NeurIPS 2019
Sun Dec 8th through Sat the 14th, 2019 at Vancouver Convention Center
Reviewer 1
This paper presents solid theoretical work that is well written in clear, at least to the extent that is possible for a dense topic. It address relevant questions about generalization error for random projection combined with quantization and provides useful insights after each results. The choice of simple but meaningful models for which a broad set of people are likely to have decent intuition, also makes the work more accessible. The paper is not without its shortcomings however. Most of which I cover in section 5 below. That being said I struggle with one of the key assumptions in the paper which is the fact that we can normalize all the data to the unit circle. The author(s) justification is that it is a “standard preprocessing step for many learning algorithms”. This certainly has not been my personal experience, as opposed to say mean/variance or min/max normalization. For high dimensional data I can conceive this transformation to be a reasonable choice, but I definitely feel it requires more than a passing mention. It either needs established references or a separate analysis, potentially empirical, of how this affects performance.
Reviewer 2
Overall it is an interesting paper, with nice results.

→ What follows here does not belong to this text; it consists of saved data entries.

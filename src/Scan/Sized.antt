-- ===== src/Scan/Sized.antt =====
-- src/ec_slave.c, ec_slaves_scanning: the size of the EEPROM image, and that the loop over the category
-- headers uses a reading for each turn. The code does not bound the number of these turns.
use cherry_ecat.Prelude.{
  ℕ, zero, suc, ◌*◌, ◌/◌, ◌%◌, ◌≤◌, ◌<◌, ◌≡◌, refl, List, [], ◌∷◌, Bool, not, arith, length,
  length-append, bytes_u32, get_or, leb, ◌==◌, u16_mod,
}
use cherry_ecat.Exchange.{Io, Errno, fail_if, pure}
use cherry_ecat.Exchange.Facts.{
  Post, Post-next, Post-then, Post-if, Post-fail_if, Gives, Gives-any, Gives-next, Gives-if,
}
use cherry_ecat.Sii.{read}
use cherry_ecat.Sii.Waits.{Post-assign_master, Post-assign_pdi, Post-read_dwords}
use cherry_ecat.Sii.Results.{Whole, read-Whole}
use cherry_ecat.Scan.Image.{next_offset, goes_on, measure, nwords, dword_bytes, read_image}

-- A read that succeeds uses up an event at least.
read_once : (i o n : ℕ) (w : Io) → Post 1 (length w.events) (read i o n w)
unfolding read
read_once i o n w =
    Post-next 0 1 (length w.events) _ _ (Post-fail_if (not (n % 4 == 0)) Errno.inval w) λ _ a h.
      Post-next 0 1 (length a.events) _ _ (Post-fail_if (leb a.slave_count i) Errno.inval a)
        λ _ b k. Post-next 1 0 (length b.events) _ _ (Post-assign_master (a.slaves i) b) λ _ c p.
          Post-then 0 (length c.events) _ _ (Post-read_dwords (n / 4) (a.slaves i) o c) λ vs d q.
            Post-then 1 (length d.events) _ _ (Post-assign_pdi (a.slaves i) d) λ _ e r. omega arith

pub Post-measure :
    (fuel i o : ℕ) (w : Io) → length w.events < fuel → Post 0 (length w.events) (measure fuel i o w)
unfolding measure
Post-measure zero i o w h = absurd (omega arith)
Post-measure (suc fuel) i o w h = Post-then 1 (length w.events) _ _ (read_once i o 4 w) λ vs a k.
    let v = get_or vs 0 0 in
    Post-if (goes_on v (next_offset o v)) 0 (length a.events) (measure fuel i (next_offset o v))
      (pure (next_offset o v)) a (Post-measure fuel i (next_offset o v) a (omega arith))
      (omega arith)

pub Post-read_image : (b : Bool) (i : ℕ) (w : Io) → Post 0 (length w.events) (read_image b i w)
unfolding read_image
Post-read_image b i w =
    Post-then 0 (length w.events) _ _ (Post-measure (suc (length w.events)) i 0x40 w (omega arith))
      λ o a h. Post-then 0 (length a.events) _ _ (Post-fail_if (not b) Errno.nomem a) λ _ c k.
        Post-then 1 (length c.events) _ _ (read_once i 0 (nwords o * 2) c) λ vs e r. omega arith

length-dword_bytes : (vs : List ℕ) → length (dword_bytes vs) ≡ 4 * length vs
length-dword_bytes [] = refl
length-dword_bytes (v ∷ vs) =
    omega (arith, length-append (bytes_u32 v) (dword_bytes vs), length-dword_bytes vs)

measure-Bounded : (fuel i o : ℕ) (w : Io) → Gives (λ o' _. o' < u16_mod) (measure fuel i o w)
unfolding measure
measure-Bounded zero i o w = tt
measure-Bounded (suc fuel) i o w =
    Gives-next (λ _ _. Unit) (λ o' _. o' < u16_mod) (read i o 4 w) _ (Gives-any (read i o 4 w))
      λ vs a _.
        let v = get_or vs 0 0 in
        Gives-if (λ o' _. o' < u16_mod) (goes_on v (next_offset o v))
          (measure fuel i (next_offset o v)) (pure (next_offset o v)) a
          (λ _. measure-Bounded fuel i (next_offset o v) a) (λ _. omega arith)

-- The image has exactly the words that are counted, an even number and at most 2 ^ 16 of them.
pub Sized : ℕ × List ℕ → Io → Type 0
Sized (n, image) w = (length image ≡ n * 2) × ((n % 2 ≡ 0) × ((2 ≤ n) × (n ≤ u16_mod)))

-- Where the measuring and reading of the EEPROM of a slave succeeds, the image has exactly the
-- sii_nwords words that the memory is allocated for: an even number from 2 to 2^16, so that the
-- length that is asked for is one that ec_sii_read takes.
pub read_image-Sized : (b : Bool) (i : ℕ) (w : Io) → Gives Sized (read_image b i w)
unfolding read_image Sized Whole
read_image-Sized b i w =
    Gives-next (λ o' _. o' < u16_mod) Sized (measure (suc (length w.events)) i 0x40 w) _
      (measure-Bounded (suc (length w.events)) i 0x40 w)
      λ o a l.
        Gives-next (λ _ _. Unit) Sized (fail_if (not b) Errno.nomem a) _
          (Gives-any (fail_if (not b) Errno.nomem a))
          λ _ c _.
            Gives-next (Whole c.slave_count i (nwords o * 2)) Sized (read i 0 (nwords o * 2) c) _
              (read-Whole i 0 (nwords o * 2) c)
              λ vs e h. (
                omega (arith, length-dword_bytes vs, h.2),
                (omega arith, (omega arith, omega arith)),
              )
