-- ===== src/Slave/Topology.antt =====
-- src/ec_slave.c: the tree of the slaves that ec_master_calc_topology makes of their open ports, and
-- the walks from port to port in it. A slave is its position in the master's array; port 0 leads to
-- the parent, the ports 1 to 3 to children. The fields stand for those of ec_slave_t and
-- ec_slave_port_t that the links and the transmission delays depend on.
pub mod Ports
pub mod Tree
use cherry_ecat.Prelude.{
  ℕ, zero, suc, ◌+◌, Option, none, some, List, [], ◌∷◌, Bool, true, false, if◌then◌else◌, ◌==◌, ltb,
  get_or,
}

pub record Port : Type 0 where
  pub loop_closed : Bool
  pub next_slave : Option ℕ
  pub receive_time : ℕ
  pub delay_to_next_dc : ℕ

pub record Node : Type 0 where
  pub ports : ℕ → Port
  pub station_address : ℕ
  pub base_dc_supported : Bool
  pub base_dc_64 : Bool
  pub transmission_delay : ℕ

pub record Bus : Type 0 where
  pub nodes : ℕ → Node
  pub slave_count : ℕ

abbrev pub edit_node : Bus → ℕ → (Node → Node) → Bus
edit_node bus q f = record {
  nodes = λ r. if q == r then f (bus.nodes r) else bus.nodes r;
  slave_count = bus.slave_count;
}

abbrev pub edit_port : Bus → ℕ → ℕ → (Port → Port) → Bus
edit_port bus q p f =
    edit_node bus q λ s. record s { ports = λ i. if p == i then f (s.ports i) else s.ports i }

-- The field `next_slave` of a port, read and assigned.
abbrev pub next_of : Bus → ℕ → ℕ → Option ℕ
next_of bus q p = ((bus.nodes q).ports p).next_slave

abbrev pub link : Bus → ℕ → ℕ → Option ℕ → Bus
link bus q p s = edit_port bus q p λ t. record t { next_slave = s }

abbrev pub is_linked : (ℕ → Port) → ℕ → Bool
is_linked ports p = elim (ports p).next_slave [ none ↦ false | some r ↦ true ]

abbrev pub prev_table : List ℕ
prev_table = 2 ∷ 3 ∷ 1 ∷ 0 ∷ []

abbrev pub next_table : List ℕ
next_table = 3 ∷ 2 ∷ 0 ∷ 1 ∷ []

-- The loop of ec_slave_get_previous_port and of ec_slave_get_next_port, which follow a table to the
-- next linked port or to port 0; `none` when more rounds than the fuel are needed.
unfoldable pub seek : ℕ → List ℕ → (ℕ → Port) → ℕ → Option ℕ
seek zero table ports p = none
seek (suc fuel) table ports p =
    let p' = get_or table p 0 in
    let rest = seek fuel table ports p' in
    if is_linked ports p' then some p' else if p' == 0 then some 0 else rest

-- The ports at which a loop `p = ec_slave_get_next_port(slave, 0); while (p != 0) { ...;
-- p = ec_slave_get_next_port(slave, p); }` stops, which assigns no `next_slave`.
unfoldable pub visits : ℕ → (ℕ → Port) → ℕ → Option (List ℕ)
unfolding seek
visits zero ports p = none
visits (suc fuel) ports p = elim (seek 4 next_table ports p) [
  | none ↦ none
  | some p' ↦
      let rest = visits fuel ports p' in
      if p' == 0 then some [] else elim rest [ none ↦ none | some ps ↦ some (p' ∷ ps) ]
]

-- What ec_master_calc_topology returns: 0 with the position reached, -1, or nothing for want of fuel.
pub data Outcome : Type 0 where
  linked : Bus → ℕ → Outcome
  failed endless : Outcome

-- `ret = ...; if (ret) return ret;`
abbrev pub and_then : Outcome → (Bus → ℕ → Outcome) → Outcome
and_then (Outcome.linked bus pos) f = f bus pos
and_then Outcome.failed f = Outcome.failed
and_then Outcome.endless f = Outcome.endless

-- Its loop over the ports, which next_table leads from 3 over 1 and 2 to 0; `rec` is the call of
-- itself.
unfoldable pub link_ports : (Bus → ℕ → ℕ → Outcome) → Bus → ℕ → List ℕ → ℕ → Outcome
link_ports rec bus q [] pos = Outcome.linked bus pos
link_ports rec bus q (p ∷ ps) pos =
    if ((bus.nodes q).ports p).loop_closed
    then link_ports rec bus q ps pos
    else if ltb (pos + 1) bus.slave_count
    then and_then (rec (link bus q p (some (pos + 1))) q (pos + 1))
        (λ bus' pos'. link_ports rec bus' q ps pos')
    else Outcome.failed

-- ec_master_calc_topology
unfoldable pub calc_topology : ℕ → Bus → Option ℕ → ℕ → Outcome
unfolding link_ports
calc_topology zero bus port0_slave pos = Outcome.endless
calc_topology (suc fuel) bus port0_slave pos =
    link_ports (λ b q k. calc_topology fuel b (some q) k) (link bus pos 0 port0_slave) pos
      (3 ∷ 1 ∷ 2 ∷ []) pos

However, I am not as certain about the relevance of the results. It is not clear that the three methods considered are often used in their compressive version combined with quantization. One example I have seen is: [*] M. Li, S. Rane, and P. T. Boufounos, “Quantized embeddings of scale-invariant image features for mobile augmented reality,” IEEE 14th International Workshop on Multimedia Signal Processing (MMSP), Banff, Canada, Sept. 17-19, 2012, and subsequent work by the authors above. Still, the literature is still scarce for such applications. It would be interesting if the authors could provide a bit more motivation. With respect to the results, I think that overall it is a good start in this direction. One thing that is missing from the results is the link between the quantization interval \Delta and the number of best used. I can always reduce \Delta and improve the error bounds, but then I need to use more bits per measurement. Furthermore, when it comes to compressive methods, there is also the tradeoff between number of measurements and size of \Delta, which affects the total rate. Some discussion towards addressing these questions would be valuable. ==== I've seen and taken into account the author's response, and it does not change my score.
Reviewer 3
In general, I think the quality of this paper is good and it is written in a clear form. I think the content of this paper meet the quality of the conference. However, I have a concern about the title of the paper. Is it appropriate to use the term of "generalization error". From my understanding, generalization error refers to the difference of error on testing set and training set, given the same parameters. The error bound in Theorem 5 exactly shows the generalization error. However, I'm not sure whether the other theorems refers to generalization error. (1) In Theorem 2 and 3 , lower case (x,y) refers to test data. LHS is testing error with expectation over (x,y). The first term in RHS does not contain expectation over (x,y), so this is strange. I think it should be just L(h*), please check. If it were L(h^*), it is Bayer risk, not training error. So I think Theorem 2 and 3 can not be called "generalization" error. They should be called "compression error" and "quantization and compression error". (2) In Theorem 6, similarly both terms in the LHS refers to errors on test data, so it should not be "generalization error". Also, L_Q(\hat{\beta}*_Q) is already expected over Y|R so there is no need to take expectation over Y and R. I'm not blaming the significance of these bounds, but I think there should be a more principled way to make the connections over there three bounds, rather than using the term "generalization error". Minor suggestion: I wish to see more discussions about previous work on quantized compressive learning. The authors provide some references in the introduction, but I wish to see more detailed comparisons of results of the previous work and the current work. This will make the main contribution of this work more clear. ============================================================== I'm happy that the authors have answered my question well by providing a good reference. I also learned something new from their feedback. I would like to increase my score from 6 to 7.